A historic Barbados estate with a 300-year-old villa and 11 acres overlooking the Caribbean Sea is now for sale with a guide price of $22.5 million.
The seller is Kit Braden, chairman of the U.K. branch of French beauty empire L’Occitane Group, whose family has spent every winter for the last 13 years at the island property, known as Fustic Estate.
“It’s very much a family house,” Braden said. “We love having a lot of people there. It’s a collection point to keep everyone together.”
The main villa dates to 1712, though it’s been reimagined and expanded substantially over the years.
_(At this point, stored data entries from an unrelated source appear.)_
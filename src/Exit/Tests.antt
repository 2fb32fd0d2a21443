-- ===== src/Exit/Tests.antt =====
-- Runs of pkg/exit, and its theorems at concrete inputs.
use lobster_roll.Prelude.{◌<◌, ◌≡◌, refl, ◌⊎◌, true, false, some, pos}
use lobster_roll.Float.{
  Fixed, fixed_float, Fixed-IsOrdered, Fixed-IsRounded, mul_fixed, sub_fixed, ◌≤?◌, nought,
}
use lobster_roll.Exit.{
  Reason, sell, Position, Config, decide, take_profit, leader_exited, stop_loss_hit, hedge_lock_hit,
  take_profit_hit, clamp_frac,
}
use lobster_roll.Exit.Priority.{decide_first, applies, rank, kind_of, shares_of}
use lobster_roll.Exit.Amounts.{decide-shares-le}

-- Ten shares bought at 0.50 and now at 0.80.
abbrev winner : Position Fixed
winner = record {
  entry_price = some (pos 500_000);
  cur_price = some (pos 800_000);
  opp_price = some (pos 210_000);
  shares = some (pos 10_000_000);
}

-- Half at 0.75, stop at 0.20, hedge from a locked 0.35.
abbrev rules : Config Fixed
rules = record {
  stop_loss = some (pos 200_000);
  take_profit = some (pos 750_000);
  take_profit_frac = some (pos 500_000);
  hedge_lock_min = some (pos 350_000);
  leader_exited = false;
  leader_exit_frac = some (pos 0);
}

scales_out :
    decide winner rules
    ≡ record { kind = sell; shares = some (pos 5_000_000); reason = take_profit }
unfolding decide stop_loss_hit hedge_lock_hit take_profit_hit clamp_frac sub_fixed mul_fixed
scales_out = refl

-- An unset fraction sells everything.
follows_leader :
    decide winner (record rules { leader_exited = true })
    ≡ record { kind = sell; shares = some (pos 10_000_000); reason = leader_exited }
unfolding decide stop_loss_hit clamp_frac mul_fixed
follows_leader = refl

decide_first_example :
    let r = (decide winner rules).reason in
    (applies r winner rules ≡ true)
    × ((s : Reason) → rank s < rank r → applies s winner rules ≡ false)
    × ((decide winner rules).kind ≡ kind_of r)
    × ((decide winner rules).shares ≡ shares_of r winner rules)
decide_first_example = decide_first winner rules

decide-shares-le_run :
    (((winner.shares ≤? nought) ≡ true) × ((decide winner rules).shares ≡ nought))
    ⊎ (((decide winner rules).shares ≤? winner.shares) ≡ true)
decide-shares-le_run = decide-shares-le Fixed-IsOrdered Fixed-IsRounded winner rules refl refl refl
It spans 13,000 square feet and features seven en suite bedrooms across three wings, as well as expansive verandas, stone courtyards and rows of louvered doors in gay Caribbean pastels.
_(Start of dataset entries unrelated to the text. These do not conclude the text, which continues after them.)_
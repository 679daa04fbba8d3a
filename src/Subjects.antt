-- ===== src/Subjects.antt =====
-- src/bluelab/lifecycle/subject_states.py: the decisions of operators on requests of erasure and of
-- export. The row locks make each call one step. The digest of a command, the payload's text for
-- an event, the ledger and the fresh ids are parameters; the two request tables are one, with the
-- kind of each row, and the fields that only the audit carries are left out.
pub mod Prepare
pub mod Apply
pub mod Moves
pub mod Replay
pub mod Runs
mod Examples
use bluelab_backend_prod.Prelude.{
  ℕ, ◌+◌, Bool, true, false, ◌&&◌, ◌||◌, not, Option, none, some, List, [], ◌∷◌, ◌++◌, ◌==◌,
  same_id, any, find, if◌then◌else◌, Result, ok, err, ◌>>=◌, ◌>>◌, raise_if, or_raise,
}

pub data RequestKind : Type 0 where
  erasure export : RequestKind

pub data RequestStatus : Type 0 where
  pending processing awaiting_input ready failed executed : RequestStatus
  rejected withdrawn delivered : RequestStatus

-- Statuses and kinds by their place in the list, to compare them.
abbrev pub status_code : RequestStatus → ℕ
status_code pending = 0
status_code processing = 1
status_code awaiting_input = 2
status_code ready = 3
status_code failed = 4
status_code executed = 5
status_code rejected = 6
status_code withdrawn = 7
status_code delivered = 8

abbrev pub same_status : RequestStatus → RequestStatus → Bool
same_status a b = status_code a == status_code b

abbrev pub same_kind : RequestKind → RequestKind → Bool
same_kind erasure erasure = true
same_kind export export = true
same_kind _ _ = false

-- `_TERMINAL`
abbrev pub is_terminal : RequestStatus → Bool
is_terminal rejected = true
is_terminal withdrawn = true
is_terminal delivered = true
is_terminal _ = false

-- old in {"pending", "awaiting_input", "failed"}
abbrev pub is_resting : RequestStatus → Bool
is_resting pending = true
is_resting awaiting_input = true
is_resting failed = true
is_resting _ = false

abbrev pub is_export : RequestKind → Bool
is_export export = true
is_export erasure = false

-- `_allowed`
unfoldable pub allowed : RequestKind → RequestStatus → RequestStatus → Bool
allowed kind old awaiting_input = same_status old pending || same_status old failed
allowed kind old pending = same_status old awaiting_input || same_status old failed
allowed kind old delivered = is_export kind && same_status old ready
allowed kind old rejected = is_resting old || (is_export kind && same_status old ready)
allowed kind old withdrawn = is_resting old || (is_export kind && same_status old ready)
allowed kind old _ = false

pub record Request : Type 0 where
  pub id : ℕ
  pub org : ℕ
  pub kind : RequestKind
  pub status : RequestStatus
  pub restriction : Option ℕ
  pub has_bundle : Bool
  pub response_due_at : Option ℕ
  pub closed_at : Option ℕ
  pub delivered_at : Option ℕ

pub record Restriction : Type 0 where
  pub id : ℕ
  pub org : ℕ
  pub is_active : Bool
  pub related_request : Option ℕ

pub record Command : Type 0 where
  pub expected_status : RequestStatus
  pub status : RequestStatus
  pub reason : ℕ

pub data OperationStatus : Type 0 where
  op_pending op_applied op_rejected : OperationStatus

abbrev pub is_pending_op : OperationStatus → Bool
is_pending_op op_pending = true
is_pending_op _ = false

abbrev pub is_rejected_op : OperationStatus → Bool
is_rejected_op op_rejected = true
is_rejected_op _ = false

abbrev pub is_applied_op : OperationStatus → Bool
is_applied_op op_applied = true
is_applied_op _ = false

pub data OperationAction : Type 0 where
  set_subject_request_state release_restriction another_action : OperationAction

abbrev pub is_decision : OperationAction → Bool
is_decision another_action = false
is_decision _ = true

-- `command_payload`
pub record Payload : Type 0 where
  pub kind : RequestKind
  pub request_id : ℕ
  pub expected_status : RequestStatus
  pub status : RequestStatus
  pub response_due_at : Option ℕ
  pub is_queued : Bool

pub record Operation : Type 0 where
  pub id : ℕ
  pub org : ℕ
  pub action : OperationAction
  pub status : OperationStatus
  pub expected_sequence : ℕ
  pub resulting_sequence : Option ℕ
  pub actor : ℕ
  pub reason : ℕ
  pub restriction : ℕ
  pub payload : Payload
  pub digest : ℕ

pub record Org : Type 0 where
  pub id : ℕ
  pub lifecycle_sequence : ℕ

pub record Tables : Type 0 where
  pub orgs : List Org
  pub requests : List Request
  pub restrictions : List Restriction
  pub operations : List Operation
  pub queue : List (RequestKind × ℕ)

pub data StateProblem : Type 0 where
  not_found operation_id_reuse sequence_stale history_unverified : StateProblem

unfoldable pub find_request : RequestKind → ℕ → List Request → Option Request
find_request kind id rows = find (λ r. r.id == id && same_kind r.kind kind) rows

-- An update of the first row that passes a test.
unfoldable pub update_first {ℓ} : {A : Type ℓ} → (A → Bool) → (A → A) → List A → List A
update_first p f [] = []
update_first p f (x ∷ xs) = let rest = update_first p f xs in if p x then f x ∷ xs else x ∷ rest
In the 1970s, when the home was owned by Charles Graves—brother of British poet Robert Graves—it was reimagined by stage designer Oliver Messel, one of the foremost theater designers of the last century. Messel expanded the home, added a lagoon pool with a natural waterfall and other theatrical features, according to Braden.
“The whole place is a little bit magical,” he said.
The home sits about 350 feet above the water, and surrounded by lush gardens that slope towards the water.
“We look down through our garden—which is about 12 acres of tropical gardens and palm trees and wonderful old mahogany trees—onto the Caribbean,” Braden said.
He and his wife first saw the property on New Year’s Eve 2013, during a quick trip from where they were staying in Grenada.
The couple spent an hour walking the perimeter, some of it still untouched jungle, in the pouring rain.
“By the time we got back, I had fallen in love with it,” Braden said.
His wife, however, wasn’t so sure. But in Braden’s telling, a second visit in sunnier weather with two of their children brought her around.
“She had to be talked into that it was a jolly good idea; now she absolutely loves it,” he said.
When they bought the property, the edge that runs along the waterfront was a jungle, so they cleared the ridge and transformed it into gardens.
They also bought an additional sea-level parcel with two beach cottages, giving the property direct access to the water and the town below via a five-minute walk.
The property also has a 15-person staff, a reflecting pond, an outdoor pavilion suitable for yoga and a commercial grade kitchen that can serve more than 100 guests, according to a brochure from Knight Frank, which posted the listing in March. They did not provide further comment.
For Braden, the property is special because of its natural beauty, its proximity to the town of Saint Lucy and its history—which dates way way back to when the island of Barbados was first formed via tectonic activity.
“It was basically tectonic plates that collided about a million years ago so the seabed is the top of the hill,” Braden said. “We’re on coral rock.”
As a result, Fustic Estate includes an extensive network of caves that were likely used by the Arawaks, a Venezuelan fishing tribe that followed the fish to these islands about a thousand years ago.
“If the fish were good they’d camp here,” Braden said. “There’s evidence that they stayed there in those caves, they lived there in good winters.”
Now it’s someone else’s turn to live on the land shared by Arawaks, the plantation owners of 1712, Charles Graves and the Braden brood.